In this study, a positive correlation coefficient shows a positive relationship between market segmentation and bank performance. However, a negative coefficient indicates a negative relationshipbetween market segmentation and bank performance. For exampleif X 1 represent business development or market share as calculatedusing HHI and Y 1 represent the profitability rate among the selectedcommercial banks: According to Hofstede et al. To make sure the information provided was reliable, valid andauthentic, primary sources which focus on survey research strategywas conducted [ 7 ].

The customers of the selected banks constituted thetarget population for the study. The data fromthe respondents were used to evaluate the successes of the selectedbanks.

The criteria were used to surrogate customer defection ratio bymanagement and bank consumer retention ability. The researcher usedthese questions to find out how this practice influences customer loyaltyand retention in the banking and financial industry.

The questions wereboth closed and opened ended and were designed to elicit customers views on branch loyalty, targeting and organisational product. This part of the study contains the findings obtained throughanalysis from Tier-1 Capital Ratio as of December, and HerfindalHirschman Index as well as response rate from customers based onquestionnaires to test customer retention and loyalty.

It presents adetailed discussion from the results obtained while making reference back to the literature review earlier in this article. Table 2 shows the results obtained using Tier-1 Capital Ratio and itindicates the top five banks performance in the financial industry as of in Colombia. This ratio was used to find out if their business segment such ascredit card banking, consumer banking, and commercial banking are accepted and supported by customers.

No bank can increase its tier-1 capital without first getting customers to support and patronise its products and winning of customer loyalty rely on proper segmentation practices.
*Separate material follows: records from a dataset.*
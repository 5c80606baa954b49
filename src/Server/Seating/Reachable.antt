-- ===== src/Server/Seating/Reachable.antt =====
-- The states that the server can be in: `Server::run` up to `waitForClearing`, and then the
-- callbacks that `run` and `forwardConnection` give the workers, the clearing of workers and the
-- workers' own use of their queues and pipes, in any order.
use kierki.Prelude.{
  ℕ, ◌≤◌, ◌+◌, ◌∙◌, Bool, List, [], Option, none, some, ◌≡◌, ◌≢◌, ap, refl, sym, arith, ◌>>=◌,
  lookup, insert, has, Returns, Returns-elim, Returns-bind,
}
use kierki.Types.{
  Side, side_n, side_e, side_s, side_w, side_null, RoundType, TableState, Card, IsSeat, IoErrClass,
}
use kierki.JobQueue.{JobQueue}
use kierki.IoWorkerMgr
use kierki.IoWorkerMgr.{IoWorkerMgr, serving_proxy}
use kierki.IoWorkerMgr.Shape.{SameKept, clear_once-roles}
use kierki.Server.{Server, server, no_active, prepare_round}
use kierki.Server.Round.{player_tricked}
use kierki.Server.Players.{
  player_intro, forward_connection, grand_exit_callback, handle_timeout, handle_wrong_message,
}
use kierki.Server.Seating.{seat_taken, occupied, IsKnown, IsSeated}
use kierki.Server.Seating.Keeping.{KeepsSeats, KeepsSeats-IsSeated, KeepsSeats-mgr, KeepsRoles-same}
use kierki.Server.Seating.Moves.{
  KeepsAnswer, prepare_round-KeepsSeats, player_tricked-KeepsSeats, handle_timeout-KeepsSeats,
  handle_wrong_message-KeepsSeats,
}
use kierki.Server.Seating.Handlers.{SeatedAnswer, player_intro-IsSeated}
use kierki.Server.Seating.Exits.{
  grand_exit_callback-IsSeated, spawned-IsSeated, forward_connection-IsSeated,
}

-- `Server::run`: the first round is prepared and the worker that accepts connections is made.
unfoldable pub start : List (RoundType × TableState × Side) → Option Server
start scenario = do
  st ← prepare_round (server scenario)
  some (record st { worker_mgr = (IoWorkerMgr.spawn_new_worker serving_proxy st.worker_mgr).0 })

-- One callback of a worker, or one turn of the thread that clears. A worker that takes what is in
-- its queue leaves the rest of the state alone, and one that reads its pipe does, too. An
-- introduction names a seat, since the patterns of the parser have no other side.
pub data Step (order : List Side) : Server → Server → Type 0 where
  connected : {st : Server} → Step order st (forward_connection st).0
  introduced :
      {st t : Server} {b : Bool} (side : Side) (ix : ℕ)
      → IsSeat side
      → player_intro order side ix st ≡ some (t, b)
      → Step order st t
  moved :
      {st t : Server} {b : Bool} (n : ℕ) (card : Card) (ix : ℕ)
      → player_tricked order n card ix st ≡ some (t, b)
      → Step order st t
  misled :
      {st t : Server} {b : Bool} (ix : ℕ)
      → handle_wrong_message ix st ≡ some (t, b)
      → Step order st t
  waited : {st t : Server} (ix : ℕ) → handle_timeout ix st ≡ some t → Step order st t
  exited :
      {st t : Server} {b : Bool} (errs : List IoErrClass) (ix : ℕ) (has_work : Bool)
      → grand_exit_callback errs ix has_work st ≡ some (t, b)
      → Step order st t
  cleared :
      {st : Server} {m : IoWorkerMgr} {b : Bool}
      → IoWorkerMgr.clear_once st.worker_mgr ≡ some (m, b)
      → Step order st (record st { worker_mgr = m })
  drained :
      {st : Server} {q : JobQueue} (ix : ℕ)
      → lookup ix st.worker_mgr.workers ≡ some q
      → Step order st (record st {
        worker_mgr = record st.worker_mgr {
          workers = insert ix (record q { jobs_pending = [] }) st.worker_mgr.workers;
        };
      })
  awoken :
      {st : Server} (ix : ℕ)
      → Step order st (record st {
        worker_mgr = record st.worker_mgr { pipes = insert ix 0 st.worker_mgr.pipes };
      })

pub data Reach (order : List Side) (scenario : List (RoundType × TableState × Side))
    : Server → Type 0 where
  started : {st : Server} → start scenario ≡ some st → Reach order scenario st
  later : {st t : Server} → Reach order scenario st → Step order st t → Reach order scenario t

server-IsSeated : (scenario : List (RoundType × TableState × Side)) → IsSeated (server scenario)
unfolding server lookup has
server-IsSeated scenario = record {
  seat_worker = no_seat;
  worker_seat = λ ix s e. cc;
  counted = refl;
  numbered = λ ix h. cc;
}
  where
    no_seat : (s : Side) (ix : ℕ) → IsSeat s → no_active s ≡ some ix → lookup ix [] ≡ some s
    no_seat side_n ix seat e = cc
    no_seat side_e ix seat e = cc
    no_seat side_s ix seat e = cc
    no_seat side_w ix seat e = cc
    no_seat side_null ix seat e = absurd seat

start-IsSeated :
    (scenario : List (RoundType × TableState × Side)) → Returns IsSeated (start scenario)
unfolding start
start-IsSeated scenario =
    let st = server scenario in
    Returns-bind IsSeated (prepare_round st) _ (λ t e. spawned-IsSeated serving_proxy t (
      KeepsSeats-IsSeated
        (Returns-elim (KeepsSeats st) (prepare_round st) e (prepare_round-KeepsSeats st))
        (server-IsSeated scenario)))

one_at_most : (a : Option ℕ) → seat_taken a ≤ 1
one_at_most none = omega arith
one_at_most (some ix) = omega arith

same_seats :
    (st : Server) (m : IoWorkerMgr)
    → m.roles ≡ st.worker_mgr.roles
    → m.next_ix ≡ st.worker_mgr.next_ix
    → IsSeated st
    → IsSeated (record st { worker_mgr = m })
same_seats st m e f v =
    KeepsSeats-IsSeated (KeepsSeats-mgr st m (KeepsRoles-same st.worker_mgr m e f)) v

module _ (order : List Side) where
  step-IsSeated : {st t : Server} → Step order st t → IsSeated st → IsSeated t
  step-IsSeated connected v = forward_connection-IsSeated _ v
  step-IsSeated {st} (introduced side ix seat e) v =
      Returns-elim SeatedAnswer (player_intro order side ix st) e
        (player_intro-IsSeated order side ix st v seat)
  step-IsSeated {st} (moved n card ix e) v =
      KeepsSeats-IsSeated
        (Returns-elim (KeepsAnswer st) (player_tricked order n card ix st) e
          (player_tricked-KeepsSeats order n card ix st))
        v
  step-IsSeated {st} (misled ix e) v =
      KeepsSeats-IsSeated
        (Returns-elim (KeepsAnswer st) (handle_wrong_message ix st) e
          (handle_wrong_message-KeepsSeats ix st))
        v
  step-IsSeated {st} (waited ix e) v =
      KeepsSeats-IsSeated
        (Returns-elim (KeepsSeats st) (handle_timeout ix st) e (handle_timeout-KeepsSeats ix st)) v
  step-IsSeated {st} (exited errs ix has_work e) v =
      Returns-elim SeatedAnswer (grand_exit_callback errs ix has_work st) e
        (grand_exit_callback-IsSeated errs ix has_work st v)
  step-IsSeated {st} (cleared {m = m} e) v =
      let (e1, e2) =
        Returns-elim (λ r. SameKept st.worker_mgr r.0) (IoWorkerMgr.clear_once st.worker_mgr) e
          (clear_once-roles st.worker_mgr) in
      same_seats st m e1 e2 v
  step-IsSeated {st} (drained ix e) v = same_seats st _ refl refl v
  step-IsSeated {st} (awoken ix) v = same_seats st _ refl refl v

-- In every state that the server can reach from its start, by the callbacks of the workers and the
-- clearing of workers in any order, seats and workers name each other, the seated workers have
-- introduced themselves, `playersConnected` is the number of taken seats, and no worker has an index
-- that is still to come.
pub Reach-IsSeated :
    (order : List Side) (scenario : List (RoundType × TableState × Side)) (st : Server)
    → Reach order scenario st
    → IsSeated st
Reach-IsSeated order scenario st (started e) =
    Returns-elim IsSeated (start scenario) e (start-IsSeated scenario)
Reach-IsSeated order scenario st (later r s) =
    step-IsSeated order s (Reach-IsSeated order scenario _ r)

taken_when_full :
    (a b c d : Option ℕ)
    → seat_taken a + seat_taken b + seat_taken c + seat_taken d ≡ 4
    → (1 ≤ seat_taken a) × (1 ≤ seat_taken b) × (1 ≤ seat_taken c) × (1 ≤ seat_taken d)
taken_when_full a b c d h =
    let p = one_at_most a in
    let q = one_at_most b in
    let r = one_at_most c in
    let s = one_at_most d in
    (
      omega (arith, p, q, r, s, h),
      omega (arith, p, q, r, s, h),
      omega (arith, p, q, r, s, h),
      omega (arith, p, q, r, s, h),
    )

worker_of : (a : Option ℕ) → 1 ≤ seat_taken a → (ix : ℕ) × (a ≡ some ix)
worker_of none h = absurd (omega (arith, h))
worker_of (some ix) h = (ix, refl)

all_taken :
    (active : Side → Option ℕ) (s : Side)
    → occupied active ≡ 4
    → IsSeat s
    → (ix : ℕ) × (active s ≡ some ix)
all_taken active s full seat =
    let (n, e, o, w) =
      taken_when_full (active side_n) (active side_e) (active side_s) (active side_w) full in
    taken_at n e o w s seat
  where
    taken_at :
        1 ≤ seat_taken (active side_n)
        → 1 ≤ seat_taken (active side_e)
        → 1 ≤ seat_taken (active side_s)
        → 1 ≤ seat_taken (active side_w)
        → (s : Side) → IsSeat s
        → (ix : ℕ) × (active s ≡ some ix)
    taken_at n e o w side_n h = worker_of (active side_n) n
    taken_at n e o w side_e h = worker_of (active side_e) e
    taken_at n e o w side_s h = worker_of (active side_s) o
    taken_at n e o w side_w h = worker_of (active side_w) w
    taken_at n e o w side_null h = absurd h

-- The worker has the seat, is registered for it and has introduced itself.
abbrev pub IsSeatOf : Side → ℕ → Server → Type 0
IsSeatOf s ix st =
    (st.active_sides s ≡ some ix)
    × (lookup ix st.worker_to_side ≡ some s)
    × IsKnown ix st.worker_mgr

all_taken-IsSeatOf :
    (st : Server) (s : Side) (ix : ℕ)
    → IsSeated st
    → IsSeat s
    → st.active_sides s ≡ some ix
    → IsSeatOf s ix st
all_taken-IsSeatOf st s ix v seat e =
    let back = v.seat_worker s ix seat e in
    let (q, f, known) = v.worker_seat ix s back in (e, back, known)

some_inj : {s t : Side} → some s ≡ some t → s ≡ t
some_inj e = cc

-- When a reachable server counts four players, each of the four seats has a worker that is
-- registered for this seat and has introduced itself, and two seats never have the same worker.
pub Reach-full :
    (order : List Side) (scenario : List (RoundType × TableState × Side)) (st : Server) (s t : Side)
    → Reach order scenario st
    → st.players_connected ≡ 4
    → IsSeat s
    → IsSeat t
    → s ≢ t
    → (ix : ℕ) × (jx : ℕ) × IsSeatOf s ix st × IsSeatOf t jx st × (ix ≢ jx)
Reach-full order scenario st s t r full seat seat' distinct =
    let v = Reach-IsSeated order scenario st r in
    let full' = sym v.counted ∙ full in
    let (ix, e) = all_taken st.active_sides s full' seat in
    let (jx, f) = all_taken st.active_sides t full' seat' in
    let (p0, p1, p2) = all_taken-IsSeatOf st s ix v seat e in
    let (q0, q1, q2) = all_taken-IsSeatOf st t jx v seat' f in
    (
      ix,
      jx,
      (p0, p1, p2),
      (q0, q1, q2),
      λ same. distinct (some_inj (sym p1 ∙ ap (λ i. lookup i st.worker_to_side) same ∙ q1)),
    )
The idea is to investigate on how marketing segmentation practices influence the financial performance of banks.

This is because effective marketing segmentation allows banks to tailor their products and services such as lending operations and deposit to meet customer needs. The stats according to tier-1 capital show that the largest bankin Colombia as of was Bancolombia.

These banks are the bestcapitalized banks in Colombia as per their return on capital. They havehigher capital than any other bank in Colombia. This results shows thatthese banks have advantage because it has a lower regulatory capitalrequirement due to their business segment.

This reveals that thesebanks have been strong in their consumer banking segment, credit cardsegment and commercial banking segment. These banks based on theirtier-1 capital have advanced on the five elements of winning customerloyalty and have begun to translate such loyalty to better their teir-1 capital and economic. Also the researcher used Herfindal Hirschman Index to calculatethe market share of these banks in The idea was to find out ifthese banks have greatly benefited from the use of market segmentationpractices in terms of market share.

It could be seen from the table that allthe five 5 banks scored an index greater than half of the market sharein Colombia. This simply shows that these five 5 commercial bankshave total dominance in the banking and financial sector in Colombia, thanks to their effective and efficient segmentation patterns. When we also look market shares in total deposit as of , it could be seen that five 5 banks in Colombia have excellent results in their segmentation patterns and practices.

The results show that the marketplace of the banking and financial sector in Colombia is highly concentrated and the banks are characterised by its size, its oligopolistic and segmented structures Table 3. Total unconsolidated deposit and market share among sampled banks in Colombia. The result from the test showed a significantrelationship that exists between the market share of the selected banksand their total overall expenses. Cada carta de juego en el juego reduce sus posibilidades de ganar.